## [WHAT YOU WILL DO]
Go to the line containing "inv.few, ha, hs)));" in the records below and print it and every following line exactly, on through the line containing "(dec_sub (idle_conns v)", then stop.

(Saved data entries)
BEGIN
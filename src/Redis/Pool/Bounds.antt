-- ===== src/Redis/Pool/Bounds.antt =====
-- pool.go: the counters of the pool, and how far its limit holds.
use pepperbus.Base.{
  ℕ, suc, ◌+◌, ◌≤◌, ◌<◌, ◌^◌, ◌≡◌, refl, sym, ap, ◌∙◌, [], ◌∷◌, false, length, length-append,
  length-middle, arith,
}
use pepperbus.Base.Int.{ℤ, pos, sub_ℕ, int64, ◌+ℤ◌, ◌-ℤ◌, leb_ℤ}
use pepperbus.Base.Text.{Text}
use pepperbus.Redis.Pool.{
  new_pool, inc, dec, is_full, count_used, count_dead, count_created, count_failed, count_timeout,
  count_pushed, count_closed, Users, Step, Run, no_users, takes, uses, drops, checks, dial_failed,
  dialed, times_out, breaks, broken, pushes, rejects, discards, clears, sends, finds_full, counts,
  done, then_step,
}

-- The open connections that the counters know.
abbrev pub idle_conns : Users → ℕ
idle_conns w = length w.pool.client_pool + length w.taken

abbrev pub active_conns : Users → ℕ
active_conns w = length w.lent + length w.pushing + length w.cleared + length w.closing

pub record Inv (max extra steps : ℕ) (w : Users) : Type 0 where
  pub limit : w.pool.max_conn_num ≡ pos max
  pub idle_counted : w.pool.idle_num ≡ sub_ℕ (idle_conns w) w.sent
  pub active_counted : w.pool.active_num ≡ pos (active_conns w + w.sent)
  pub bounded : idle_conns w + active_conns w + w.dialing ≤ max + extra
  pub few : idle_conns w + active_conns w + w.dialing + w.sent ≤ steps

inc_sub : (a b : ℕ) → a < 2 ^ 62 → b < 2 ^ 62 → inc (sub_ℕ a b) ≡ sub_ℕ (suc a) b
unfolding int64 ◌+ℤ◌
inc_sub a b ha hb = ground arith

dec_sub : (a b : ℕ) → a < 2 ^ 62 → b < 2 ^ 62 → dec (sub_ℕ a b) ≡ sub_ℕ a (suc b)
unfolding int64 ◌-ℤ◌
dec_sub a b ha hb = ground arith

inc_pos : (a : ℕ) → a < 2 ^ 62 → inc (pos a) ≡ pos (suc a)
unfolding int64 ◌+ℤ◌
inc_pos a h = ground arith

dec_pos : (a : ℕ) → a < 2 ^ 62 → dec (pos (suc a)) ≡ pos a
unfolding int64 ◌-ℤ◌
dec_pos a h = ground arith

sub_shift : (a b c d : ℕ) → a + d ≡ c + b → sub_ℕ a b ≡ sub_ℕ c d
sub_shift a b c d e = ground (arith, e)

sum_known :
    (a b c : ℕ)
    → a < 2 ^ 62
    → b < 2 ^ 62
    → c < 2 ^ 62
    → int64 (sub_ℕ a b +ℤ pos (c + b)) ≡ pos (a + c)
unfolding int64 ◌+ℤ◌
sum_known a b c ha hb hc = ground arith

below : (max n : ℕ) → leb_ℤ (pos max) (pos n) ≡ false → n < max
below max n h = ground (arith, h)

module _ (max extra steps : ℕ) (v : Users) (h : steps < 2 ^ 62) (inv : Inv max extra steps v) where
  -- Where the limit is not reached, the open connections are fewer.
  room_left : is_full v.pool ≡ false → idle_conns v + active_conns v < max
  unfolding is_full
  room_left free =
      let sum : int64 (v.pool.idle_num +ℤ v.pool.active_num) ≡ pos (idle_conns v + active_conns v) =
        rw (inv.idle_counted, inv.active_counted)
          (sum_known (idle_conns v) v.sent (active_conns v) (omega (arith, h, inv.few))
            (omega (arith, h, inv.few)) (omega (arith, h, inv.few))) in
      below max (idle_conns v + active_conns v) (rw (inv.limit, sum) at free)

  -- Both counters as they were.
  kept-Inv :
      (w : Users)
      → w.pool.max_conn_num ≡ v.pool.max_conn_num
      → w.pool.idle_num ≡ v.pool.idle_num
      → w.pool.active_num ≡ v.pool.active_num
      → idle_conns w + v.sent ≡ idle_conns v + w.sent
      → active_conns w + w.sent ≡ active_conns v + v.sent
      → idle_conns w + active_conns w + w.dialing ≤ max + extra
      → idle_conns w + active_conns w + w.dialing + w.sent ≤ suc steps
      → Inv max extra (suc steps) w
  kept-Inv w same idle active hi ha bound few = record {
    limit = same ∙ inv.limit;
    idle_counted =
        idle ∙ (inv.idle_counted ∙ sub_shift (idle_conns v) v.sent (idle_conns w) w.sent (sym hi));
    active_counted = active ∙ (inv.active_counted ∙ ap pos (sym ha));
    bounded = bound;
    few = few;
  }

  -- One active connection less.
  closed-Inv :
      (w : Users)
      → w.pool.max_conn_num ≡ v.pool.max_conn_num
      → w.pool.idle_num ≡ v.pool.idle_num
      → w.pool.active_num ≡ dec v.pool.active_num
      → idle_conns w ≡ idle_conns v
      → w.sent ≡ v.sent
      → w.dialing ≡ v.dialing
      → suc (active_conns w) ≡ active_conns v
      → Inv max extra (suc steps) w
  closed-Inv w same idle active hi hs hd ha = record {
    limit = same ∙ inv.limit;
    idle_counted =
        idle
        ∙ (inv.idle_counted
            ∙ sub_shift (idle_conns v) v.sent (idle_conns w) w.sent (omega (arith, hi, hs)));
    active_counted =
        active
        ∙ (ap dec (inv.active_counted ∙ ap pos (omega (arith, ha, hs)))
            ∙ dec_pos (active_conns w + w.sent) (omega (arith, h, inv.few, ha, hs)));
    bounded = omega (arith, inv.bounded, hi, ha, hd);
    few = omega (arith, inv.few, hi, ha, hs, hd);
  }

  idle_less :
      (w : Users)
      → suc (idle_conns w) ≡ idle_conns v
      → w.sent ≡ v.sent
      → dec v.pool.idle_num ≡ sub_ℕ (idle_conns w) w.sent
  idle_less w hi hs =
      ap dec inv.idle_counted
      ∙ (dec_sub (idle_conns v) v.sent (omega (arith, h, inv.few)) (omega (arith, h, inv.few))
          ∙ sub_shift (idle_conns v) (suc v.sent) (idle_conns w) w.sent (omega (arith, hi, hs)))

  active_more :
      (w : Users)
      → active_conns w + w.sent ≡ suc (active_conns v + v.sent)
      → inc v.pool.active_num ≡ pos (active_conns w + w.sent)
  active_more w ha =
      ap inc inv.active_counted
      ∙ (inc_pos (active_conns v + v.sent) (omega (arith, h, inv.few)) ∙ ap pos (sym ha))

-- Every step keeps the counters right.
Step-Inv :
    (max extra steps : ℕ) (v w : Users)
    → steps < 2 ^ 62
    → Inv max extra steps v
    → Step (suc extra) v w
    → Inv max extra (suc steps) w
unfolding count_used count_dead count_created count_failed count_timeout count_pushed count_closed
Step-Inv max extra steps v w h inv (takes _ c rest e) =
    let len = ap length e in
    kept-Inv max extra steps v h inv w refl refl refl (omega (arith, len)) refl
      (omega (arith, len, inv.bounded)) (omega (arith, len, inv.few))
Step-Inv max extra steps v w h inv (uses _ now alive xs c ys e fine) =
    let len = ap length e ∙ length-middle c xs ys in
    record {
      limit = inv.limit;
      idle_counted = idle_less max extra steps v h inv w (omega (arith, len)) refl;
      active_counted = active_more max extra steps v h inv w (omega arith);
      bounded = omega (arith, len, inv.bounded);
      few = omega (arith, len, inv.few);
    }
Step-Inv max extra steps v w h inv (drops _ now xs c ys e old) =
    let len = ap length e ∙ length-middle c xs ys in
    record {
      limit = inv.limit;
      idle_counted = idle_less max extra steps v h inv w (omega (arith, len)) refl;
      active_counted = inv.active_counted;
      bounded = omega (arith, len, inv.bounded);
      few = omega (arith, len, inv.few);
    }
Step-Inv max extra steps v w h inv (checks _ free few_dial) =
    let room = room_left max extra steps v h inv free in
    kept-Inv max extra steps v h inv w refl refl refl refl refl (omega (arith, room, few_dial))
      (omega (arith, inv.few))
Step-Inv max extra steps v w h inv (dial_failed _ n e) =
    kept-Inv max extra steps v h inv w refl refl refl refl refl (omega (arith, e, inv.bounded))
      (omega (arith, e, inv.few))
Step-Inv max extra steps v w h inv (dialed _ n c e sound) = record {
  limit = inv.limit;
  idle_counted = inv.idle_counted;
  active_counted = active_more max extra steps v h inv w (omega arith);
  bounded = omega (arith, e, inv.bounded);
  few = omega (arith, e, inv.few);
}
Step-Inv max extra steps v w h inv (times_out _ full) =
    kept-Inv max extra steps v h inv w refl refl refl refl refl inv.bounded (omega (arith, inv.few))
Step-Inv max extra steps v w h inv (breaks _ xs c ys e) =
    let before = ap length e ∙ length-middle c xs ys in
    let after = length-middle (broken c) xs ys in
    kept-Inv max extra steps v h inv w refl refl refl refl (omega (arith, before, after))
      (omega (arith, before, after, inv.bounded)) (omega (arith, before, after, inv.few))
Step-Inv max extra steps v w h inv (pushes _ xs c ys e) =
    let len = ap length e ∙ length-middle c xs ys in
    kept-Inv max extra steps v h inv w refl refl refl refl (omega (arith, len))
      (omega (arith, len, inv.bounded)) (omega (arith, len, inv.few))
Step-Inv max extra steps v w h inv (rejects _ xs c ys e why) =
    let len = ap length e ∙ length-middle c xs ys in
    kept-Inv max extra steps v h inv w refl refl refl refl (omega (arith, len))
      (omega (arith, len, inv.bounded)) (omega (arith, len, inv.few))
Step-Inv max extra steps v w h inv (discards _ xs c ys e) =
    let len = ap length e ∙ length-middle c xs ys in
    closed-Inv max extra steps v h inv w refl refl refl refl refl refl (omega (arith, len))
Step-Inv max extra steps v w h inv (clears _ xs c ys e why) =
    let len = ap length e ∙ length-middle c xs ys in
    kept-Inv max extra steps v h inv w refl refl refl refl (omega (arith, len))
      (omega (arith, len, inv.bounded)) (omega (arith, len, inv.few))
Step-Inv max extra steps v w h inv (sends _ xs c ys e room) =
    let len = ap length e ∙ length-middle c xs ys in
    let longer = length-append v.pool.client_pool (c ∷ []) in
    kept-Inv max extra steps v h inv w refl refl refl (omega (arith, longer)) (omega (arith, len))
      (omega (arith, len, longer, inv.bounded)) (omega (arith, len, longer, inv.few))
Step-Inv max extra steps v w h inv (finds_full _ xs c ys e full) =
    let len = ap length e ∙ length-middle c xs ys in
    kept-Inv max extra steps v h inv w refl refl refl refl (omega (arith, len))
      (omega (arith, len, inv.bounded)) (omega (arith, len, inv.few))
Step-Inv max extra steps v w h inv (counts _ n e) = record {
  limit = inv.limit;
  idle_counted =
      ap inc inv.idle_counted
      ∙ (inc_sub (idle_conns v) v.sent (omega (arith, h, inv.few)) (omega (arith, h, inv.few))
          ∙ sub_shift (suc (idle_conns v)) v.sent (idle_conns v) n (omega (arith, e)));
  active_counted =
      ap dec (inv.active_counted ∙ ap pos (omega (arith, e)))
      ∙ dec_pos (active_conns v + n) (omega (arith, h, inv.few, e));
  bounded = inv.bounded;
  few = omega (arith, inv.few, e);
}

Run-Inv :
    (max extra n : ℕ) (u w : Users)
    → n < 2 ^ 62
    → Inv max extra 0 u
    → Run (suc extra) n u w
    → Inv max extra n w
Run-Inv max extra _ _ _ h inv (done _) = inv
Run-Inv max extra _ u w h inv (then_step {n = n} {v = v} run step) =
    Step-Inv max extra n v w (omega (arith, h)) (Run-Inv max extra n u v (omega (arith, h)) inv run)
      step

-- In every run of fewer than 2 ^ 62 steps in which at most `extra` + 1 callers dial at a time, the
-- idle counter is the number of connections in the channel or just taken from it, less those that
-- were sent and are not counted yet, the active counter that of the connections in use, being pushed,
-- about to be closed or not counted yet, and the connections are never more than the limit and
-- `extra`: with one dialing caller at a time, never more than the limit.
pub users_bounded :
    (address password : Text) (max extra n : ℕ) (max_idle seconds : ℤ) (w : Users)
    → n < 2 ^ 62
    → Run (suc extra) n (no_users (new_pool address password (pos max) max_idle seconds)) w
    → (w.pool.idle_num ≡ sub_ℕ (idle_conns w) w.sent)
      × (w.pool.active_num ≡ pos (active_conns w + w.sent))
      × (idle_conns w + active_conns w + w.dialing ≤ max + extra)
unfolding new_pool
users_bounded address password max extra n max_idle seconds w h run =
    let p = new_pool address password (pos max) max_idle seconds in
    let start : Inv max extra 0 (no_users p) = record {
      limit = refl;
      idle_counted = refl;
      active_counted = refl;
      bounded = omega arith;
      few = omega arith;
    } in
    let inv = Run-Inv max extra n (no_users p) w h start run in
    (inv.idle_counted, inv.active_counted, inv.bounded)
END
## [EXERCISE RESULT]
            ∙ dec_pos (active_conns w + w.sent) (omega (arith, h, inv.few, ha, hs)));
    bounded = omega (arith, inv.bounded, hi, ha, hd);
    few = omega (arith, inv.few, hi, ha, hs, hd);
  }

  idle_less :
      (w : Users)
      → suc (idle_conns w) ≡ idle_conns v
      → w.sent ≡ v.sent
      → dec v.pool.idle_num ≡ sub_ℕ (idle_conns w) w.sent
  idle_less w hi hs =
      ap dec inv.idle_counted
      ∙ (dec_sub (idle_conns v) v.sent (omega (arith, h, inv.few)) (omega (arith, h, inv.few))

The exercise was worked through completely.